How to complete this task:
Whenever a line of the records below contains the word "nslots", copy that line.

Supplied information:
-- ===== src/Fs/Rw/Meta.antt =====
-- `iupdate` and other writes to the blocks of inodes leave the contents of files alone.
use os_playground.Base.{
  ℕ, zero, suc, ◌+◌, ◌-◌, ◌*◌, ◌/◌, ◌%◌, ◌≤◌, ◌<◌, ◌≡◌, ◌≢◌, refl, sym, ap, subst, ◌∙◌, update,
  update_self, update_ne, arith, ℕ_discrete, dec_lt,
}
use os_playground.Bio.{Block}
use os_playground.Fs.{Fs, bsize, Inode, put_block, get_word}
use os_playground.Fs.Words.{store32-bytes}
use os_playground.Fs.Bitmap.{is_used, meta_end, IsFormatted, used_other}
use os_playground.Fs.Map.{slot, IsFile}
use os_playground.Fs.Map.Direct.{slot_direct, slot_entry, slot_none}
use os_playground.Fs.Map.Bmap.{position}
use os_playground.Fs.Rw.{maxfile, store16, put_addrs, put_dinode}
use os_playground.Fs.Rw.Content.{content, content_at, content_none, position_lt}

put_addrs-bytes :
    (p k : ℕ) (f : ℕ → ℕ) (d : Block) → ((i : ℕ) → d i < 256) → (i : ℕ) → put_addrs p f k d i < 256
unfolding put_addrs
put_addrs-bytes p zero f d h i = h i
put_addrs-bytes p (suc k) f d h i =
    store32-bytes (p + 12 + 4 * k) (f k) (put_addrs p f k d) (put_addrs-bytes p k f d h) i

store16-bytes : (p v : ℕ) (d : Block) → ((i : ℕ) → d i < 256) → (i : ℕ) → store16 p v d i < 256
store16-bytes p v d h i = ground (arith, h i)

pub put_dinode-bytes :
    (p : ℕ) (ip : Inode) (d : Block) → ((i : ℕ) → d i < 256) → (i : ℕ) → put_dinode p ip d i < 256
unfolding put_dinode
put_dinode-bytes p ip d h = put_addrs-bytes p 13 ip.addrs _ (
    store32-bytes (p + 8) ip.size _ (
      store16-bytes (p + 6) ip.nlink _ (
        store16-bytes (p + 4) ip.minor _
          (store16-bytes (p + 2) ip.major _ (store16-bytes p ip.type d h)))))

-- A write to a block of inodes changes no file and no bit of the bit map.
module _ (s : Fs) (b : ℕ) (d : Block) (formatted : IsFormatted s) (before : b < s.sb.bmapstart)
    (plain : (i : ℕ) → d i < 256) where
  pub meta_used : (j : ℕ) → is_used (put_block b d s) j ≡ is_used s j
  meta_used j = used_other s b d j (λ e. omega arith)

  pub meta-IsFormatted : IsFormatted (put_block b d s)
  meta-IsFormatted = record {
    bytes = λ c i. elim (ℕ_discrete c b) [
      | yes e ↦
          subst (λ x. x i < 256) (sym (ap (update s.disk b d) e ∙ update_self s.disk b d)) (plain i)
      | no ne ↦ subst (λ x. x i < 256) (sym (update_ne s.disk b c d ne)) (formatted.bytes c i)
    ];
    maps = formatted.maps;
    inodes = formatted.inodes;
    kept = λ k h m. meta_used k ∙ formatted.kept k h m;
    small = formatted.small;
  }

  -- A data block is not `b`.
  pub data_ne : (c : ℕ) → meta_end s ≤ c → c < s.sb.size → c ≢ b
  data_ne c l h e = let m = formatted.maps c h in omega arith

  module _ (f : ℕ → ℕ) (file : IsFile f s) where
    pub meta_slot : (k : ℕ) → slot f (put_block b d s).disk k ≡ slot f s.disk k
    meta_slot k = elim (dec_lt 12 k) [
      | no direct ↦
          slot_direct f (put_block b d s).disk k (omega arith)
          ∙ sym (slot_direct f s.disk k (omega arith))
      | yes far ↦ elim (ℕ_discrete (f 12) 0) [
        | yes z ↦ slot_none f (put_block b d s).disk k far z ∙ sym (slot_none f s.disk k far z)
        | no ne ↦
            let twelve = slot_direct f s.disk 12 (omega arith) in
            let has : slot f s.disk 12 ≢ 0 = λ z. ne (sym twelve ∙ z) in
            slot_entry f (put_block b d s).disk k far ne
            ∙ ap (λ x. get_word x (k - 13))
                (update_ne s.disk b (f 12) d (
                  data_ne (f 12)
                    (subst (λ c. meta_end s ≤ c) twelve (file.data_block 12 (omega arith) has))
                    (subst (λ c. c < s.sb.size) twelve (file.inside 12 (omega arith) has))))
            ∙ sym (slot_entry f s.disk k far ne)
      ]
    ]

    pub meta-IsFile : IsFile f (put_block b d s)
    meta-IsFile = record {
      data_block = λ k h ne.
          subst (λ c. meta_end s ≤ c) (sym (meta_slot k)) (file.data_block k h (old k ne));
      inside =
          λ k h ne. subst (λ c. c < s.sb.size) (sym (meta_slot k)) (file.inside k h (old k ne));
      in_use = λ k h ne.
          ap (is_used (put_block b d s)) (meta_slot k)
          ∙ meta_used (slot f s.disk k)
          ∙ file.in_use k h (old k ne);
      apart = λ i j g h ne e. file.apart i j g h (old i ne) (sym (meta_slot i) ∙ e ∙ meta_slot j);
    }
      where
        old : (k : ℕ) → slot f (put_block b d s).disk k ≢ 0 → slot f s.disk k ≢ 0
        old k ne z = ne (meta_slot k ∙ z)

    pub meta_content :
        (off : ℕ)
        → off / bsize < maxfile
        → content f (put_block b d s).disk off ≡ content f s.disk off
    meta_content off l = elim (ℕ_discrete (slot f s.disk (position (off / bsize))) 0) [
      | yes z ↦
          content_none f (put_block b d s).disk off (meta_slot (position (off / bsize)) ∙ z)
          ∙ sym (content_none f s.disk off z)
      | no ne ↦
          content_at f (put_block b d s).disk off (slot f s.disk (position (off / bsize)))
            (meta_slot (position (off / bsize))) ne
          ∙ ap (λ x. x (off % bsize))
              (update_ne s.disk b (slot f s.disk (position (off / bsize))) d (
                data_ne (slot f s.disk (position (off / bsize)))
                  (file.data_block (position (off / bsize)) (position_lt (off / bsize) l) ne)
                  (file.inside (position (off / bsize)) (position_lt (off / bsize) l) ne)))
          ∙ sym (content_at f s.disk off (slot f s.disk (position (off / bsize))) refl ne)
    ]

* * *

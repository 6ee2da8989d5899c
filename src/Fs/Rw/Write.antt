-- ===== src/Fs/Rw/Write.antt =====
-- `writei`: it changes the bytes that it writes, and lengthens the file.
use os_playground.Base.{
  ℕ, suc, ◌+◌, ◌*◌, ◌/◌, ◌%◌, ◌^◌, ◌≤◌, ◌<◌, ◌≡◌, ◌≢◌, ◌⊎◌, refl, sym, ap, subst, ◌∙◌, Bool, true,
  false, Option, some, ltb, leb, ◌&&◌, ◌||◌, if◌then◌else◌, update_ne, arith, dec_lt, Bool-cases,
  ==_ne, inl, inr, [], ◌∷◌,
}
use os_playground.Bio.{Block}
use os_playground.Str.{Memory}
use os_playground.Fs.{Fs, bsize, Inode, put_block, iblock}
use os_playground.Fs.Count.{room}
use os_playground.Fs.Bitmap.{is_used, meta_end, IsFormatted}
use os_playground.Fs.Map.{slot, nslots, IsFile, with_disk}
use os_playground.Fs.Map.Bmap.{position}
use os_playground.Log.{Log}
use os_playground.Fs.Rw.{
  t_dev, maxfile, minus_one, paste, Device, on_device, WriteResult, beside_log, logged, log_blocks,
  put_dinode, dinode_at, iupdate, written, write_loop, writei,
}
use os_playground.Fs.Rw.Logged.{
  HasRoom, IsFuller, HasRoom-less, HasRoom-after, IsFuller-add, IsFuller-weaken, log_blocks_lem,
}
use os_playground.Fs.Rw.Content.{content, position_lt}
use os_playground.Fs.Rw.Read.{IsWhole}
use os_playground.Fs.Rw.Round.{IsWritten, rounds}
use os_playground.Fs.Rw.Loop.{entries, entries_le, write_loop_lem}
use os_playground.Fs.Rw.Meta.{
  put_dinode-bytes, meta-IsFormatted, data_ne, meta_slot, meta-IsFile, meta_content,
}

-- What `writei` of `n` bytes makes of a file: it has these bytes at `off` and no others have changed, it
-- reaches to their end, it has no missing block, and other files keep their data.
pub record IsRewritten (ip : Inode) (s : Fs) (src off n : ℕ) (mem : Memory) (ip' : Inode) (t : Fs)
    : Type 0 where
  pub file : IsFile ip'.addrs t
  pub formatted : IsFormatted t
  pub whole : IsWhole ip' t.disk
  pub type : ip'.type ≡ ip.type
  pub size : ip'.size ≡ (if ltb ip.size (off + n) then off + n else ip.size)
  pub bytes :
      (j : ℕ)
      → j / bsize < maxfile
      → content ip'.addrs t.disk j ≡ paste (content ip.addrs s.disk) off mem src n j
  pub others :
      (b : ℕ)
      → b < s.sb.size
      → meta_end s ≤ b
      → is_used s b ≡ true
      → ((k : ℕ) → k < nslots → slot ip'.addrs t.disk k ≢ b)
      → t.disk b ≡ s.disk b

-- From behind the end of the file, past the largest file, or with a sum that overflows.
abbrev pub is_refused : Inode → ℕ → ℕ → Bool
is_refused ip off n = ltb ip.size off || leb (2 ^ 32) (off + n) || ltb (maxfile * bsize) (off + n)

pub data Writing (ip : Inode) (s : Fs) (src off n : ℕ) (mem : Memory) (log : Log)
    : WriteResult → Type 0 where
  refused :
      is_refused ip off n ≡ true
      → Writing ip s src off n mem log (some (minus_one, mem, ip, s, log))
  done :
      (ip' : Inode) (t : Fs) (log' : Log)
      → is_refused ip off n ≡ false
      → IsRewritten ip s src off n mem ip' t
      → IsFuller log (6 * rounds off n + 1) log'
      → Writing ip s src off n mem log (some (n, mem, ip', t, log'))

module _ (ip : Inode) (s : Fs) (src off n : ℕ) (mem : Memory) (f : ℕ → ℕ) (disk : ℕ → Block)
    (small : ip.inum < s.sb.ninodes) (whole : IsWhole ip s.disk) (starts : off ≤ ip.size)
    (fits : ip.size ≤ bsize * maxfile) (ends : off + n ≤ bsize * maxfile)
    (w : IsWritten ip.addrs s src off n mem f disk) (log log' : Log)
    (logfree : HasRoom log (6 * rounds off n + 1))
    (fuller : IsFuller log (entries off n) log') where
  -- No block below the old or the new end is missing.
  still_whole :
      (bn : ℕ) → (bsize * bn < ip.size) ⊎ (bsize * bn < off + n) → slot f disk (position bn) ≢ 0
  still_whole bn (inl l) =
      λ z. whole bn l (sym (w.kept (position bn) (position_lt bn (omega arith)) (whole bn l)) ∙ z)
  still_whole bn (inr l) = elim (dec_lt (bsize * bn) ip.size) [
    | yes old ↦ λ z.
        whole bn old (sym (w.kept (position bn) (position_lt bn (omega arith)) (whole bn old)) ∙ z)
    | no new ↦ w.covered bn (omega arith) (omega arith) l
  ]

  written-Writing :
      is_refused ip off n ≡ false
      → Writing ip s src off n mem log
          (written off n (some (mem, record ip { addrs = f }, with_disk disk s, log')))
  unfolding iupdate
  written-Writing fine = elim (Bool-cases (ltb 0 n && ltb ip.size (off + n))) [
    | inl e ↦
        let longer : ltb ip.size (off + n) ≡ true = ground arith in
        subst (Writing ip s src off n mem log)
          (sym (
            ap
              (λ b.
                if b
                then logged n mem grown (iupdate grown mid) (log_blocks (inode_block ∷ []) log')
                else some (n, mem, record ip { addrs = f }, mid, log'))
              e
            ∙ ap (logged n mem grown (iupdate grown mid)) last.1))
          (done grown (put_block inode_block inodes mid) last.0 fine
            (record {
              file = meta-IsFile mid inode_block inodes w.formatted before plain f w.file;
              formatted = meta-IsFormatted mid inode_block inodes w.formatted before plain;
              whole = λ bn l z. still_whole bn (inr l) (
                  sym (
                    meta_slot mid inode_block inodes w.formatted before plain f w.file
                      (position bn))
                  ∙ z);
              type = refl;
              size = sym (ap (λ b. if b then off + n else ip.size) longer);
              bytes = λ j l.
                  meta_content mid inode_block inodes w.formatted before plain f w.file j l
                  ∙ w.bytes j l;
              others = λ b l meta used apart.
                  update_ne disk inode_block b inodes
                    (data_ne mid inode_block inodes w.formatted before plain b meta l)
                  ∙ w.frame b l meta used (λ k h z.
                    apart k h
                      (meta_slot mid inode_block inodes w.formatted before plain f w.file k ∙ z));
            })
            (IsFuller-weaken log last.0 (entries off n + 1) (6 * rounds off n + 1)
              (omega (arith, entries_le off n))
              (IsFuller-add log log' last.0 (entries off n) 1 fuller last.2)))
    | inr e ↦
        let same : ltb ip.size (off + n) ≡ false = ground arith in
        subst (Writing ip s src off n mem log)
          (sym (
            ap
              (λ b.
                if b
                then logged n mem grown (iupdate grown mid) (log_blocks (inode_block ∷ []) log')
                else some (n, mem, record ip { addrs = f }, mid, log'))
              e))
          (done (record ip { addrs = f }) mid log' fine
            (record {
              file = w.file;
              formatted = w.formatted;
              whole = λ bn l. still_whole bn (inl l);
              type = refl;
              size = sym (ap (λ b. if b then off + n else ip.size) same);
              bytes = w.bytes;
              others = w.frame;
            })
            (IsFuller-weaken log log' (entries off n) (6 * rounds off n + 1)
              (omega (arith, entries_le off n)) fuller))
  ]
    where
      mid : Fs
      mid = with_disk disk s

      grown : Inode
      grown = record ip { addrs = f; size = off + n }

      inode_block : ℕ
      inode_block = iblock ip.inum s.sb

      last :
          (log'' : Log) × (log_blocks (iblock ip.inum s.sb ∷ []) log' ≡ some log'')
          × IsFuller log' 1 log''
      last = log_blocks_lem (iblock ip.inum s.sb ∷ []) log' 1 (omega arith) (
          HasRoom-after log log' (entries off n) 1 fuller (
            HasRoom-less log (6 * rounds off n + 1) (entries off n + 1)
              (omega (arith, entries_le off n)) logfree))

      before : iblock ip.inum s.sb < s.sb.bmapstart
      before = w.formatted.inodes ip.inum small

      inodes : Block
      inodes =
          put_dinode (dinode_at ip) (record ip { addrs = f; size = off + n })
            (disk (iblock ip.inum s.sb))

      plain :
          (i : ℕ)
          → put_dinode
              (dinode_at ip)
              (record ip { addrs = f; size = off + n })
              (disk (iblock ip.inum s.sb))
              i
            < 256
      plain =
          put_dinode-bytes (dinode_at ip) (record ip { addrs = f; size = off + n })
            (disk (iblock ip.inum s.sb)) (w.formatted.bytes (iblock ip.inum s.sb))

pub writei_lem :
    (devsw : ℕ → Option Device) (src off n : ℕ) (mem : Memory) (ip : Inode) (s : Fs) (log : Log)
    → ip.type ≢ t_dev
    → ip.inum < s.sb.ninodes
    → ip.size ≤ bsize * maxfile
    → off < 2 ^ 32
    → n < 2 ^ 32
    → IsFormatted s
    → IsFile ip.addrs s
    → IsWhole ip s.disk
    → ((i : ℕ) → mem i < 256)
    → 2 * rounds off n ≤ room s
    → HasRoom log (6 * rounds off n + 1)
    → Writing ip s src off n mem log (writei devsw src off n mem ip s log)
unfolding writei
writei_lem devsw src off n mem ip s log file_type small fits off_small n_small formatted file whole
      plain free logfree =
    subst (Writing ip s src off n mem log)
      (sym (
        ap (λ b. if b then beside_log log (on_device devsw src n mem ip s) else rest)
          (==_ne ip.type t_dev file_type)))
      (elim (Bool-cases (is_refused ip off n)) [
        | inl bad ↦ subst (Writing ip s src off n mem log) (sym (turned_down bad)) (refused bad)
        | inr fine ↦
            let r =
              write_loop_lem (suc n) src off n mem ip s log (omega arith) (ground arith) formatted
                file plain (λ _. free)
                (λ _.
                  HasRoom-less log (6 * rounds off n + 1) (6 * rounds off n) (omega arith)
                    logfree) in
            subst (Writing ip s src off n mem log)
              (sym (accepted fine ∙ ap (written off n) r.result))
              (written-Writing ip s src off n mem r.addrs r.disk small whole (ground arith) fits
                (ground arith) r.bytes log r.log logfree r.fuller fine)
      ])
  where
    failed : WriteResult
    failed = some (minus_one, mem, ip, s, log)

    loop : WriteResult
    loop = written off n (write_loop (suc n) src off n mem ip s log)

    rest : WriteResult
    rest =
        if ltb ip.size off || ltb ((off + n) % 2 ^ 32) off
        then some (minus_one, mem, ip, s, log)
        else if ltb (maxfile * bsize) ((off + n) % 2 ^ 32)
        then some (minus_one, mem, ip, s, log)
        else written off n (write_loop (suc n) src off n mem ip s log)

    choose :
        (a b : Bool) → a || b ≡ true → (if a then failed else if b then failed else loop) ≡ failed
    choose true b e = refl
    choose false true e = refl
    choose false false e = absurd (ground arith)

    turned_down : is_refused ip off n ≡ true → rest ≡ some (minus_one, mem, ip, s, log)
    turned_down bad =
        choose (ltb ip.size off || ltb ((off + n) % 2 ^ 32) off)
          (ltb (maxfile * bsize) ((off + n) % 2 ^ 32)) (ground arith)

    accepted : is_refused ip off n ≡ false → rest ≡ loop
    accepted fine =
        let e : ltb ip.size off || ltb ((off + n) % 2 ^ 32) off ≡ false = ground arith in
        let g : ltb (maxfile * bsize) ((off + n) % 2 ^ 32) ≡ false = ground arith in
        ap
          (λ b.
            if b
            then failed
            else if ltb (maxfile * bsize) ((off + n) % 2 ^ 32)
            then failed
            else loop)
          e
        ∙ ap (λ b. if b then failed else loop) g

--

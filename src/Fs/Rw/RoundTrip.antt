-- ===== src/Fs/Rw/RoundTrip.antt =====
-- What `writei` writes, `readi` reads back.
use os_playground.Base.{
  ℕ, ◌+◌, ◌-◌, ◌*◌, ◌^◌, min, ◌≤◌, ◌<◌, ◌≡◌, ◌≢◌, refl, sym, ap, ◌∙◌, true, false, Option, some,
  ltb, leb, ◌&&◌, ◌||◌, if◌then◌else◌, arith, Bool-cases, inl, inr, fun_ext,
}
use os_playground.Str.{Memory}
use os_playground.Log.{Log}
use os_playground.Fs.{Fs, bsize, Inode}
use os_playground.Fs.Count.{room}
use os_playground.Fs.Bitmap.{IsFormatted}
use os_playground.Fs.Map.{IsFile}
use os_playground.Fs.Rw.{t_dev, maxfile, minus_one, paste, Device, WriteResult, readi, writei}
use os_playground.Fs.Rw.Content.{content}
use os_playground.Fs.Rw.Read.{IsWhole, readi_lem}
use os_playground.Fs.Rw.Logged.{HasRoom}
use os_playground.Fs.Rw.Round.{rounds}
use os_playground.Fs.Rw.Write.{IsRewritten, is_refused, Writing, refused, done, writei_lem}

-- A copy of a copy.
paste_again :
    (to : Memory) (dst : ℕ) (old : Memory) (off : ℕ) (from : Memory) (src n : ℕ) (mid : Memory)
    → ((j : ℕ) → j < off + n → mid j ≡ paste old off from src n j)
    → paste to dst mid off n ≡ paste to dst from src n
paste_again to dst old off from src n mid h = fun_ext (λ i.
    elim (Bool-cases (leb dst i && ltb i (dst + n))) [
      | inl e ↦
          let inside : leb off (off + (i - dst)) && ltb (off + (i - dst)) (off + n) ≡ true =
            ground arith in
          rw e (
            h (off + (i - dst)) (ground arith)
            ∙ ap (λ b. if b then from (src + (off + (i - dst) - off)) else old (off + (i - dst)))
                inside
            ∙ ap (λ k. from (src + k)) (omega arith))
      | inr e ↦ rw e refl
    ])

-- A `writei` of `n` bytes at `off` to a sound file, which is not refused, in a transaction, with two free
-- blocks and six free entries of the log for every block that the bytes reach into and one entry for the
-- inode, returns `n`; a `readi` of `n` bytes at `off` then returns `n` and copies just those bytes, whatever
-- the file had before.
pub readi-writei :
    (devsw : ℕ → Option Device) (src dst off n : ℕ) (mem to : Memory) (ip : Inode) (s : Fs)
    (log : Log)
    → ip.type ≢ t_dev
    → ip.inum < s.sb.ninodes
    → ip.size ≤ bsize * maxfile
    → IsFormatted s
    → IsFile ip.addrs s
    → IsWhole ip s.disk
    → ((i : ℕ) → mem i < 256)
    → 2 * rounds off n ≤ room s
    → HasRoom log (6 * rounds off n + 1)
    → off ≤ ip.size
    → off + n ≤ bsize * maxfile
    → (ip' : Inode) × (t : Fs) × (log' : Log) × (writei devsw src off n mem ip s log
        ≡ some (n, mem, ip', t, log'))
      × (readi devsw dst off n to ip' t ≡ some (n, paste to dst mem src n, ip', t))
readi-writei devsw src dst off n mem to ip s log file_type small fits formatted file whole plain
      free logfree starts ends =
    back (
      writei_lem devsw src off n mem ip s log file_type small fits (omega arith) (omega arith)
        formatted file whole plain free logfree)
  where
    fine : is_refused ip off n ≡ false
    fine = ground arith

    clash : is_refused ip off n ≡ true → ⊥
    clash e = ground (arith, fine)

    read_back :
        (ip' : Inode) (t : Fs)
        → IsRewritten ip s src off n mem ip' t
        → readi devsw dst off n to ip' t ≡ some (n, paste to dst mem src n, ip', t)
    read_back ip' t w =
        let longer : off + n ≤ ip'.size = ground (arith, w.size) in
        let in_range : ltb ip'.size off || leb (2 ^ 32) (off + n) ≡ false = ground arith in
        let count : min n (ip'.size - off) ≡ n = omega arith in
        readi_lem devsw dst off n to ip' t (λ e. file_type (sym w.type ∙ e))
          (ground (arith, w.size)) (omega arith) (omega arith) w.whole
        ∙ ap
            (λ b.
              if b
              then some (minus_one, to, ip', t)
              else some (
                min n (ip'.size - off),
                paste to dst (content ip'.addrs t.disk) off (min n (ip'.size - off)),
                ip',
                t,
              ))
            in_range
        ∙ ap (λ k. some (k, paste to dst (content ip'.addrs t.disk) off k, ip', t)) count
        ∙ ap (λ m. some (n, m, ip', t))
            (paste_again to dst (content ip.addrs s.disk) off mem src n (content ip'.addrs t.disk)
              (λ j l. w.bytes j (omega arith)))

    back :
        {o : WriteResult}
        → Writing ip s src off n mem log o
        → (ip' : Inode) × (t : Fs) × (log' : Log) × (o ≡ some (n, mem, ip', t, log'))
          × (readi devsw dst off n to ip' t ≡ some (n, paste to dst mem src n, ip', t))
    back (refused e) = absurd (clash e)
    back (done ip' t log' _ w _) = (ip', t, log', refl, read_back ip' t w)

Exercise solution:
use os_playground.Fs.Map.{slot, nslots, IsFile, with_disk}
      → ((k : ℕ) → k < nslots → slot ip'.addrs t.disk k ≢ b)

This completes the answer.